• _DATASET_:

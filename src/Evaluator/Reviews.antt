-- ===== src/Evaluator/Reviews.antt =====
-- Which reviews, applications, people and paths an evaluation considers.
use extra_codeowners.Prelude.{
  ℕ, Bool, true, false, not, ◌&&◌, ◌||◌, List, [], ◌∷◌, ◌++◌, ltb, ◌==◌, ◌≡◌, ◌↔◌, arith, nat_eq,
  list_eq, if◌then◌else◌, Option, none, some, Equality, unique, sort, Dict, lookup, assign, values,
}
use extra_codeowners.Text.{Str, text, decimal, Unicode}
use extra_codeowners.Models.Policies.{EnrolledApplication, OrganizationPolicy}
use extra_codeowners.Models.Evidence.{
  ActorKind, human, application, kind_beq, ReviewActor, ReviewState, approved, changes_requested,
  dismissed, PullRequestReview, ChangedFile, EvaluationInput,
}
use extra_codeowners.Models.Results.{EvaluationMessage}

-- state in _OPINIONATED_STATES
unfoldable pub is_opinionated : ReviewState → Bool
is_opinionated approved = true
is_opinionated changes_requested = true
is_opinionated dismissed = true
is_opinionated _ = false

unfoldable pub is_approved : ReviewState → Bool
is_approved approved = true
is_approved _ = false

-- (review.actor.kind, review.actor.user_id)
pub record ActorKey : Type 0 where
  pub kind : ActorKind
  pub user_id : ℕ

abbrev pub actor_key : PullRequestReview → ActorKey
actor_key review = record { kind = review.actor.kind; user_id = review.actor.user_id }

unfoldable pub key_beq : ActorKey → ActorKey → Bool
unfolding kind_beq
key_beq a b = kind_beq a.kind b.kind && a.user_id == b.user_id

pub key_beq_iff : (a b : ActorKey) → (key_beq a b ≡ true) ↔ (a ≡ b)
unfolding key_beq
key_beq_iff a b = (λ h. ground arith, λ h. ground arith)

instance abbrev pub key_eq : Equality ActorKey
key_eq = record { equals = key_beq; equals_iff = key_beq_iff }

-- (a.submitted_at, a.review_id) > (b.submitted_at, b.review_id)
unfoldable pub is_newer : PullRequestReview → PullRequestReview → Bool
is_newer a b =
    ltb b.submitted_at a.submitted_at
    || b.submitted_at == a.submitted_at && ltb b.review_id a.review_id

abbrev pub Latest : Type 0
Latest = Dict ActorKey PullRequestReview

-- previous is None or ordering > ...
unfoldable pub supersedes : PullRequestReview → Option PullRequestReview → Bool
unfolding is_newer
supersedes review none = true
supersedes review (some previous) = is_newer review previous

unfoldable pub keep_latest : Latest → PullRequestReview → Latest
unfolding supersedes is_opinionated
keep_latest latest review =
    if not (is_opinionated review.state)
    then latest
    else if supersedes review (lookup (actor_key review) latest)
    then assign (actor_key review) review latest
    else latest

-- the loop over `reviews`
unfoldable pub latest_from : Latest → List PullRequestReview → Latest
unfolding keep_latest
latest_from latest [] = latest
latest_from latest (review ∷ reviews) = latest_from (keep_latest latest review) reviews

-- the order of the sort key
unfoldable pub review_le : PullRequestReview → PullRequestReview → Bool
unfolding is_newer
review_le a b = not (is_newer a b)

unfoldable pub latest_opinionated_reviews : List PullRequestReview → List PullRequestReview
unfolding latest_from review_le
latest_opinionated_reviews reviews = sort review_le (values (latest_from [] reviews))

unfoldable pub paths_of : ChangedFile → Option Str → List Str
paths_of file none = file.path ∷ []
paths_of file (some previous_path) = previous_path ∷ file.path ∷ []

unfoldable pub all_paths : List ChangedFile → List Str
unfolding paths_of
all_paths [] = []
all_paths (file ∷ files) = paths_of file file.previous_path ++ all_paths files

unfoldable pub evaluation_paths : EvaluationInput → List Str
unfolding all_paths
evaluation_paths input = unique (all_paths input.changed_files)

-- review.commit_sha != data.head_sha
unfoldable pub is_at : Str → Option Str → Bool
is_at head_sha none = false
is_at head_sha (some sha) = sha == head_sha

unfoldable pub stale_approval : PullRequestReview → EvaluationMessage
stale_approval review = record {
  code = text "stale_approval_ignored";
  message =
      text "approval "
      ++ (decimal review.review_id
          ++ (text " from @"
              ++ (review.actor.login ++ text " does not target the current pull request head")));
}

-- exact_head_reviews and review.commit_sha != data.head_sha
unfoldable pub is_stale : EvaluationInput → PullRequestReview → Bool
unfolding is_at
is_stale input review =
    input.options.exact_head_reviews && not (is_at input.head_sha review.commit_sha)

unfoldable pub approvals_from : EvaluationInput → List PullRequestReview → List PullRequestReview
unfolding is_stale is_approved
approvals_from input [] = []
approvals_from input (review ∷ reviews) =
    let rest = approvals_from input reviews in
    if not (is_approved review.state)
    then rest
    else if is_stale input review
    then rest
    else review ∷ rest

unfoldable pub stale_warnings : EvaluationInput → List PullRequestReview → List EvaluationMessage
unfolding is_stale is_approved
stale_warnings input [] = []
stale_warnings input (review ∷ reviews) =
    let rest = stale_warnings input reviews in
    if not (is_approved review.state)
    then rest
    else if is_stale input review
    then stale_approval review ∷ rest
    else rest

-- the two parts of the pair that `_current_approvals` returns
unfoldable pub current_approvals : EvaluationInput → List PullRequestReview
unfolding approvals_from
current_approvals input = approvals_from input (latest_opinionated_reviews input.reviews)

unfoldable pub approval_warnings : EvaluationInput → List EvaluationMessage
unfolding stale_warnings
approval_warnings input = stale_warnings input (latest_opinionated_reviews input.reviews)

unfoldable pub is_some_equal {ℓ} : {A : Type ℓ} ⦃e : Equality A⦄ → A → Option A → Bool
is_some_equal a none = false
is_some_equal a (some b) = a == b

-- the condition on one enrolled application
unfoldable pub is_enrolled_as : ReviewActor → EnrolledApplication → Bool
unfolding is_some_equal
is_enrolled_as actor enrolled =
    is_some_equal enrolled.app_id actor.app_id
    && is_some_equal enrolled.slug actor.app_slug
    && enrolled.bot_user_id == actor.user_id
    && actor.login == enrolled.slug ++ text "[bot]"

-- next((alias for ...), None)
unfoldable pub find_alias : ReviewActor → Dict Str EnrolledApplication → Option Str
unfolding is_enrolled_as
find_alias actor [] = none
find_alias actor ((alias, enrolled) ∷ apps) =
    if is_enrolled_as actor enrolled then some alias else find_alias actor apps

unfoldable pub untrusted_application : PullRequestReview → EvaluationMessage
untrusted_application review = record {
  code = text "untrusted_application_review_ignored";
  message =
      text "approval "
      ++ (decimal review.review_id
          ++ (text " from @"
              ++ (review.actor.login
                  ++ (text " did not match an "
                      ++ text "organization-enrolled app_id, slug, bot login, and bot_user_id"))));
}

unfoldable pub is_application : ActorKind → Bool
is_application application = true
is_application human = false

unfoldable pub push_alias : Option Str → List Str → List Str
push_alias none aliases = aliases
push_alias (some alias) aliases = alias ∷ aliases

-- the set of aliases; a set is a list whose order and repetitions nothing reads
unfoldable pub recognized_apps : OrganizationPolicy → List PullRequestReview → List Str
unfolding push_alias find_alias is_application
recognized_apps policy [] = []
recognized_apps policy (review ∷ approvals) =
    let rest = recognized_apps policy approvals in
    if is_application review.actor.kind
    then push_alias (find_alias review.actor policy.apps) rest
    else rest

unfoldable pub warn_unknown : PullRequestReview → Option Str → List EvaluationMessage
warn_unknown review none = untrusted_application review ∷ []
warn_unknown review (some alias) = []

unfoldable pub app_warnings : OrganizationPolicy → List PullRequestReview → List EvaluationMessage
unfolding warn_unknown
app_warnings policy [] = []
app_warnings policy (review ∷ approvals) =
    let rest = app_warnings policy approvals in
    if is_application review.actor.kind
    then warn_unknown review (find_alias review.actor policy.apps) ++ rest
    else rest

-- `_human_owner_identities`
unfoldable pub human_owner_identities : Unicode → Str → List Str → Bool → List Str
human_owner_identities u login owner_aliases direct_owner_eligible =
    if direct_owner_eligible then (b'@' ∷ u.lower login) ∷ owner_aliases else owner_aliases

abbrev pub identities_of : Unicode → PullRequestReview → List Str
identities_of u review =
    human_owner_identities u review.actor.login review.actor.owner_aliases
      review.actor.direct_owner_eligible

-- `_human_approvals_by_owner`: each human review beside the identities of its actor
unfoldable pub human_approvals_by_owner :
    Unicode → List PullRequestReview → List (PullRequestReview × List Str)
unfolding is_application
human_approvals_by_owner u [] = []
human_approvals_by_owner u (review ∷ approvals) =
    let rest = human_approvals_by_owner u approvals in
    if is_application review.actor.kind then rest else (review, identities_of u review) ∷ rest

• _ASSIGNMENT_: Give an exact copy of the lines above from the line with "then assign (actor_key" up to and including the line with "-- the order of the sort key", and leave everything else out.

• _FINISHED EXERCISE_:
    then assign (actor_key review) review latest
    else latest

-- the loop over `reviews`
unfoldable pub latest_from : Latest → List PullRequestReview → Latest
unfolding keep_latest
latest_from latest [] = latest
latest_from latest (review ∷ reviews) = latest_from (keep_latest latest review) reviews

-- the order of the sort key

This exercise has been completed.